WHAT THE TASK ASKS -> Look through the entries below and show every line containing the word "scale".

Stored data entries:
▼

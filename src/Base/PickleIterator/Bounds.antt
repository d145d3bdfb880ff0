-- ===== src/Base/PickleIterator/Bounds.antt =====
-- Read pointers and the bounds of the payload, for the three ways to get one.
use lib_hh_old.Common.{
  ℕ, ◌+◌, ◌≤◌, ◌<◌, ◌≡◌, refl, sym, inl, inr, Option, some, none, true, arith, Bool-cases,
}
use mathlib.Core.Path.{subst}
use lib_hh_old.Common.Int.{ℤ, pos, negsuc, pos_part, size_mod, to_int, from_int, eq_ℤ}
use lib_hh_old.Base.PickleIterator.{
  PickleIterator, advance, get_read_pointer_for, get_read_pointer_and_advance,
  get_read_pointer_for_array, scale,
}

-- The two indices of an iterator over a payload of less than 4 GB.
pub record IsInBounds (it : PickleIterator) : Type 0 where
  pub ordered : it.read_index ≤ it.end_index
  pub bounded : it.end_index < size_mod

-- A read of `n` bytes either fails and leaves the iterator in bounds, or its `n` bytes lie between
-- the old index and the end, and the iterator stands in bounds over the same payload.
abbrev pub Safe : ℕ → PickleIterator → Option ℕ × PickleIterator → Type 0
Safe n it (none, it') = IsInBounds it' × (it'.end_index ≡ it.end_index)
Safe n it (some off, it') =
    IsInBounds it'
    × (it'.end_index ≡ it.end_index)
    × (off ≡ it.read_index)
    × (off + n ≤ it.end_index)

advance-IsInBounds : (it : PickleIterator) (n : ℕ) → IsInBounds it → IsInBounds (advance it n)
unfolding advance
advance-IsInBounds it n h = ground arith

advance-end_index : (it : PickleIterator) (n : ℕ) → (advance it n).end_index ≡ it.end_index
unfolding advance
advance-end_index it n = ground arith

-- An iterator in bounds asked for a built-in type of n bytes either fails and stays in bounds, or
-- gives the old index, from which n bytes lie before the unchanged end, and stays in bounds.
pub get_read_pointer_for-Safe :
    (n : ℕ) (it : PickleIterator) → IsInBounds it → Safe n it (get_read_pointer_for n it)
unfolding get_read_pointer_for
get_read_pointer_for-Safe n it h = ground (arith, advance-IsInBounds it n h, advance-end_index it n)

-- An iterator in bounds asked for num_bytes bytes either fails and stays in bounds, or gives the old
-- index, from which max(num_bytes, 0) bytes lie before the unchanged end, and stays in bounds.
pub get_read_pointer_and_advance-Safe :
    (num_bytes : ℤ) (it : PickleIterator)
    → IsInBounds it
    → Safe (pos_part num_bytes) it (get_read_pointer_and_advance num_bytes it)
unfolding get_read_pointer_and_advance
get_read_pointer_and_advance-Safe (pos n) it h =
    ground (arith, advance-IsInBounds it n h, advance-end_index it n)
get_read_pointer_and_advance-Safe (negsuc n) it h = ground arith

eq_ℤ→eq : (a b : ℤ) → eq_ℤ a b ≡ true → a ≡ b
eq_ℤ→eq a b h = ground arith

-- An iterator in bounds asked for num_elements elements of a size either fails and stays in bounds,
-- or gives the old index, from which the exact product of bytes lies before the unchanged end, and
-- stays in bounds: the product cannot overflow into a smaller one.
pub get_read_pointer_for_array-Safe :
    (num_elements : ℤ) (size_element : ℕ) (it : PickleIterator)
    → IsInBounds it
    → Safe
        (pos_part (scale num_elements size_element))
        it
        (get_read_pointer_for_array num_elements size_element it)
unfolding get_read_pointer_for_array
get_read_pointer_for_array-Safe num size it h = elim (Bool-cases (eq_ℤ n n32)) [
  | inl same ↦ rw same (
      subst (λ z. Safe (pos_part z) it (get_read_pointer_and_advance n32 it))
        (sym (eq_ℤ→eq n n32 same)) (get_read_pointer_and_advance-Safe n32 it h))
  | inr other ↦ rw other (h, refl)
]
  where
    n : ℤ
    n = scale num size

    n32 : ℤ
    n32 = to_int (from_int n)
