-- ===== src/Base/PickleIterator/Examples.antt =====
-- Runs of the reader, and its theorems at concrete inputs.
use lib_hh_old.Common.{◌≡◌, refl, arith, some, none, false, [], ◌∷◌}
use lib_hh_old.Common.Int.{pos, negsuc, pos_part}
use lib_hh_old.Base.Bits.Alignment.{align_four}
use lib_hh_old.Base.PickleIterator.{
  PickleIterator, advance, get_read_pointer_for, get_read_pointer_and_advance,
  get_read_pointer_for_array, scale,
}
use lib_hh_old.Base.PickleIterator.Bounds.{
  IsInBounds, Safe, get_read_pointer_and_advance-Safe, get_read_pointer_for_array-Safe,
}

abbrev start : PickleIterator
start = record { payload = 7 ∷ 0 ∷ 0 ∷ 0 ∷ []; is_null = false; read_index = 0; end_index = 4 }

start-IsInBounds : IsInBounds start
start-IsInBounds = record { ordered = omega arith; bounded = omega arith }

-- One byte is read, and its padding is skipped.
read_one : get_read_pointer_for 1 start ≡ (some 0, record start { read_index = 4 })
unfolding get_read_pointer_for advance
read_one = rw (align_four 1 (omega arith)) refl

read_negative :
    get_read_pointer_and_advance (negsuc 4) start ≡ (none, record start { read_index = 4 })
unfolding get_read_pointer_and_advance
read_negative = refl

get_read_pointer_and_advance-Safe_example :
    Safe 3 start (get_read_pointer_and_advance (pos 3) start)
get_read_pointer_and_advance-Safe_example =
    get_read_pointer_and_advance-Safe (pos 3) start start-IsInBounds

get_read_pointer_for_array-Safe_example :
    Safe
      (pos_part (scale (pos 0x4000_0001) 4))
      start
      (get_read_pointer_for_array (pos 0x4000_0001) 4 start)
get_read_pointer_for_array-Safe_example =
    get_read_pointer_for_array-Safe (pos 0x4000_0001) 4 start start-IsInBounds
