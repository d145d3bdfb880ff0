-- ===== src/Base/SafeMath.antt =====
-- libHH/base/numerics/safe_math_impl.h: CheckedAdd, CheckedSub and CheckedNeg on the integer types of the
-- conversions. The sign bit of a bitwise expression is the expression of the sign bits.
pub mod Exact
pub mod Products
pub mod Numeric
pub mod Expressions
pub mod ExactProducts
mod Examples
use lib_hh_old.Common.{
  ℕ, zero, suc, ◌+◌, ◌-◌, ◌*◌, ◌%◌, ◌^◌, Bool, true, false, not, ◌&&◌, ◌||◌, leb, ltb, ◌==◌,
  if◌then◌else◌, Option, some, none,
}
use lib_hh_old.Common.Int.{ℤ, pos, negsuc, eq_ℤ}
use lib_hh_old.Base.Numbers.{IntType, int, unsigned_int, int64, uint64, is_signed, depth_of, negate}

pub data RangeConstraint : Type 0 where
  range_valid range_underflow range_overflow range_invalid : RangeConstraint

-- 2 to the number of bits.
abbrev pub modulus : IntType → ℕ
modulus int = 2 ^ 32
modulus unsigned_int = 2 ^ 32
modulus int64 = 2 ^ 64
modulus uint64 = 2 ^ 64

-- `static_cast<UnsignedDst>` of a value, and `static_cast<T>` back.
abbrev pub to_unsigned : IntType → ℤ → ℕ
to_unsigned t (pos n) = n
to_unsigned t (negsuc n) = modulus t - 1 - n

-- `HasSignBit`.
abbrev pub has_sign_bit : IntType → ℕ → Bool
has_sign_bit t u = leb (modulus t) (u * 2)

abbrev pub from_unsigned : IntType → ℕ → ℤ
from_unsigned t u = if is_signed t && has_sign_bit t u then negsuc (modulus t - 1 - u) else pos u

abbrev pub xor : Bool → Bool → Bool
xor true b = not b
xor false b = b

-- The direction of a wrap is the inverse of the sign of the result.
abbrev pub wrap_direction : Bool → RangeConstraint
wrap_direction negative = if negative then range_overflow else range_underflow

unfoldable pub checked_add : IntType → ℤ → ℤ → ℤ × RangeConstraint
checked_add t x y =
    let ux : ℕ = to_unsigned t x in
    let uy : ℕ = to_unsigned t y in
    let uresult : ℕ = (ux + uy) % modulus t in
    let sx : Bool = has_sign_bit t ux in
    let sy : Bool = has_sign_bit t uy in
    let sr : Bool = has_sign_bit t uresult in
    (
      from_unsigned t uresult,
      if is_signed t
          then (if not (xor sr sx && xor sr sy) then range_valid else wrap_direction sr)
          else (if leb uy (modulus t - 1 - ux) then range_valid else range_overflow),
    )

unfoldable pub checked_sub : IntType → ℤ → ℤ → ℤ × RangeConstraint
checked_sub t x y =
    let ux : ℕ = to_unsigned t x in
    let uy : ℕ = to_unsigned t y in
    let uresult : ℕ = (ux + modulus t - uy) % modulus t in
    let sx : Bool = has_sign_bit t ux in
    let sy : Bool = has_sign_bit t uy in
    let sr : Bool = has_sign_bit t uresult in
    (
      from_unsigned t uresult,
      if is_signed t
          then (if not (xor sr sx && xor sx sy) then range_valid else wrap_direction sr)
          else (if leb uy ux then range_valid else range_underflow),
    )

-- `CheckedNeg`. None is undefined behaviour: where the least value of the signed type is negated,
-- which is also what half the range of the unsigned type is cast to.
unfoldable pub checked_neg : IntType → ℤ → Option (ℤ × RangeConstraint)
checked_neg t value =
    let u : ℕ = to_unsigned t value in
    if u * 2 == modulus t
    then none
    else some (
      from_unsigned t ((modulus t - u) % modulus t),
      if is_signed t
          then (if eq_ℤ value (negate (depth_of t)) then range_overflow else range_valid)
          else (if u == 0 then range_valid else range_underflow),
    )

▲

EXERCISE RESULT ->
  get_read_pointer_for_array, scale,
        (pos_part (scale num_elements size_element))
    n = scale num size
  get_read_pointer_for_array, scale,
      (pos_part (scale (pos 0x4000_0001) 4))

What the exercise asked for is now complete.